NH4+–N is the major nitrogen form in wastewater, so TN removal mainly relies on NH4+–N removal (Table 2). NH4+–N concentration gradually decreased from about 6.0 mg L−1 to below 0.1 mg L−1 (Table 2), reaching the Grade II according to CSWEQS. In the duckweed pond, NH4+–N can be removed by both duckweed uptake and bacterial transformation (nitrification/denitrification).31,33–35 Some studies suggested that aquatic plants promote both nitrification (NH4+–N to NO3–N and NO2–N) and denitrification (NO3–N and NO2–N to N2) in the rhizosphere.36–39 In this study, the NOx–N concentration increased in the first few days. For instance, in S. polyrhiza K1, its NOx–N increased from 0.03 to 0.71 mg L−1 in the first 8 days (Table 2), indicating that microbial nitrification prevailed over denitrification in the duckweed systems. This was probably because aerobic conditions were formed in the rhizosphere by duckweed photosynthesis, and anaerobic nitrate removal by denitrifying bacteria was hindered.40 Previous studies reported that duckweeds preferred to take up NH4+–N over NO3–N when both nitrogen sources were available.41–44 When NH4+–N was consumed, the NOx–N gradually decreased in the final several days of experiment (Table 2). Duckweed uptake and microbial denitrification likely contributed to the ultimate removal of nitrogen.

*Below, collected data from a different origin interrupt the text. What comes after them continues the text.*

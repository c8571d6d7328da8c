-- ===== src/Companion/Examples.antt =====
-- The theorems on CompanionLink.c with a network that holds a list of frames.
use ddtsoft_net_test.Base.{
  ◌≤◌, ◌<◌, ◌≡◌, ◌↔◌, refl, arith, true, false, none, some, List, [], ◌∷◌, length, store8, ◌⊎◌,
  Bytes, ◌==◌, if◌then◌else◌,
}
use ddtsoft_net_test.Efi.{EfiStatus, success, not_ready, efi_error}
use ddtsoft_net_test.Runner.{codes}
use ddtsoft_net_test.Companion.{
  Link, connected, disconnected, Reception, Driver, Printer, inspect, receive_loop,
  receive_response, connect, fill_response,
}
use ddtsoft_net_test.Companion.Frames.{IsMessage, inspect_iff}
use ddtsoft_net_test.Companion.Receive.{IsDelivered, receive_response-IsDelivered}
use ddtsoft_net_test.Companion.Ends.{
  HasPending, IsSamePeer, receive_response_ends, IsFlooded, receive_response_starves,
}
use ddtsoft_net_test.Companion.Requests.{prepare}
use ddtsoft_net_test.Companion.Requests.Judged.{Reply}
use ddtsoft_net_test.Companion.Requests.Replies.{prepare_lem}
use ddtsoft_net_test.Companion.Attempts.{Outcome}
use ddtsoft_net_test.Companion.Connect.{connect_lem}

abbrev link : Link
link = record {
  state = disconnected;
  udp4 = true;
  mnp = true;
  companion_ip = λ k. 1;
  port = 9999;
  timeout_ms = 5000;
  message_id = 0;
  status_msg = [];
}

abbrev printer : Printer
printer = record { hello_attempt = λ n. codes "HELLO"; rx_counts = λ a b c t. codes "RX" }

abbrev idle : Reception
idle = record { status = not_ready; header_size = 0; buf_size = 0; rx_buf = λ k. 0 }

-- "ACK" in a datagram from 1.1.1.1 to port 9999.
abbrev ack_frame : Reception
ack_frame = record {
  status = success;
  header_size = 14;
  buf_size = 60;
  rx_buf = λ k.
      if k == 12
      then 0x08
      else if k == 13
      then 0
      else if k == 14
      then 0x45
      else if k == 23
      then 17
      else if k == 36
      then 39
      else if k == 37
      then 15
      else if k == 38
      then 0
      else if k == 39
      then 11
      else if k == 42
      then 65
      else if k == 43
      then 67
      else if k == 44
      then 75
      else 1;
}

abbrev next : List Reception → Reception × List Reception
next [] = (idle, [])
next (r ∷ rs) = (r, rs)

abbrev network : Driver (List Reception)
network = record {
  create_event = λ w. (success, w);
  close_event = λ w. w;
  transmit = λ ip port m w. (success, w);
  cancel = λ w. w;
  poll = λ w. w;
  token = λ w. success;
  stall = λ n w. w;
  snp = λ w. some true;
  receive_filters = λ w. w;
  receive = next;
}

network-HasPending : HasPending network (λ w. length w)
network-HasPending = record {
  receives = takes;
  keeps = shorter;
  stalls = λ n w. omega arith;
  polls = λ w. omega arith;
  filters = λ w. omega arith;
  transmits = λ ip port m w. omega arith;
  cancels = λ w. omega arith;
  creates = λ w. omega arith;
  closes = λ w. omega arith;
}
  where
    takes :
        (w : List Reception) → efi_error (next w).0.status ≡ false → length (next w).1 < length w
    takes [] h = absurd (ground (arith, h))
    takes (r ∷ rs) h = omega arith

    shorter : (w : List Reception) → length (next w).1 ≤ length w
    shorter [] = omega arith
    shorter (r ∷ rs) = omega arith

-- A network that always delivers a frame of the wrong EtherType.
abbrev flood : Driver (List Reception)
flood = record network {
  receive = λ w. (record { status = success; header_size = 14; buf_size = 60; rx_buf = λ k. 0 }, w);
}

flood-IsFlooded : IsFlooded flood printer link
flood-IsFlooded = record { no_error = λ w. refl; other = λ w. unfold inspect in refl }

inspect_iff_example :
    ((inspect link ack_frame).payload ≡ some (42, 3)) ↔ IsMessage link ack_frame 42 3
inspect_iff_example = inspect_iff link ack_frame 42 3 (omega arith)

receive_response-IsDelivered_example :
    IsDelivered network link (fill_response (store8 (λ k. 0) 0 0) 512 ack_frame.rx_buf 42 3) 512
unfolding receive_response receive_loop inspect
receive_response-IsDelivered_example =
    receive_response-IsDelivered network printer 5 link (λ k. 0) 512 2000 (idle ∷ ack_frame ∷ [])
      link (fill_response (store8 (λ k. 0) 0 0) 512 ack_frame.rx_buf 42 3) [] refl

receive_response_ends_example :
    (s : EfiStatus) × (l' : Link) × (r' : Bytes) × (w' : List Reception) × (receive_response network
        printer 2002 link
        (λ k. 0)
        512
        2000
        (idle ∷ [])
      ≡ some (s, l', r', w'))
    × ((s ≡ success) ⊎ (efi_error s ≡ true))
    × (length w' ≤ 1)
    × IsSamePeer link l'
receive_response_ends_example =
    receive_response_ends network printer (λ w. length w) network-HasPending 2002 link (λ k. 0) 512
      2000 (idle ∷ []) (omega arith)

receive_response_starves_example :
    receive_response flood printer 90 link (λ k. 0) 512 2000 [] ≡ none
receive_response_starves_example =
    receive_response_starves flood printer link flood-IsFlooded 90 (λ k. 0) 512 2000 [] refl
      (omega arith) (omega arith)

connect_lem_example :
    (s : EfiStatus) × (l' : Link) × (w' : List Reception) × (connect network printer 3000 link
        (idle ∷ ack_frame ∷ [])
      ≡ some (s, l', w'))
    × Outcome network printer link s l'
connect_lem_example =
    connect_lem network printer (λ w. length w) network-HasPending 3000 link (idle ∷ ack_frame ∷ [])
      refl (omega arith)

abbrev open_link : Link
open_link = record link { state = connected }

prepare_lem_example :
    (s : EfiStatus) × (l' : Link) × (w' : List Reception) × (prepare network printer 6000 open_link
        (codes "L3")
        (codes "ICMP_ECHO")
        none
        (ack_frame ∷ [])
      ≡ some (s, l', w'))
    × Reply network open_link (codes "READY") s l'
prepare_lem_example =
    prepare_lem network printer (λ w. length w) network-HasPending 6000 open_link (ack_frame ∷ [])
      (codes "L3") (codes "ICMP_ECHO") none refl (omega arith)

As evidenced by previous studies, microbial nitrification and denitrification occurred in duckweed system.20,45 For instance, Teles et al. found that 40 genera of bacteria exhibited high abundance in duckweed system, including functional groups as nitrifying bacteria (Nitrospira and Nitrosomonas) and denitrifying bacteria (Rhodopseudomonas).20 However, unlike activated sludge system, microbial nitrification/denitrification was the predominant route of N removal.6 Duckweed uptake, which was far beyond microbial contribution, was the main way to N removal in duckweed system.20

In the first 10 days, the TN concentration in the S. polyrhiza K1-based system decreased below 1.5 mg L−1 (corresponded to the standard of Grade IV which is mainly applicable to the water areas for industrial use according to CSWEQS), while TN concentrations of L. minor K2, L. punctata K3 and the polyculture duckweed were all over 1.5 mg L−1 (Table 2). Then TN concentration gradually declined to below 1.0 mg L−1 at the end of the experiment, with the highest TN removal efficiency of 98.8% for S. polyrhiza K1, 98.5% for L. minor K2 and 95.6% for L. punctata K3 and 99.1% for the polyculture, respectively (Fig. 2). The results indicated for both monocultures and polyculture, duckweed treatment systems in this study achieved high nitrogen removal. Most nitrogen presented as ammonium in this study. Ammonia nitrogen is easily absorbed by duckweed,46 thereby led to high nitrogen removal efficiency.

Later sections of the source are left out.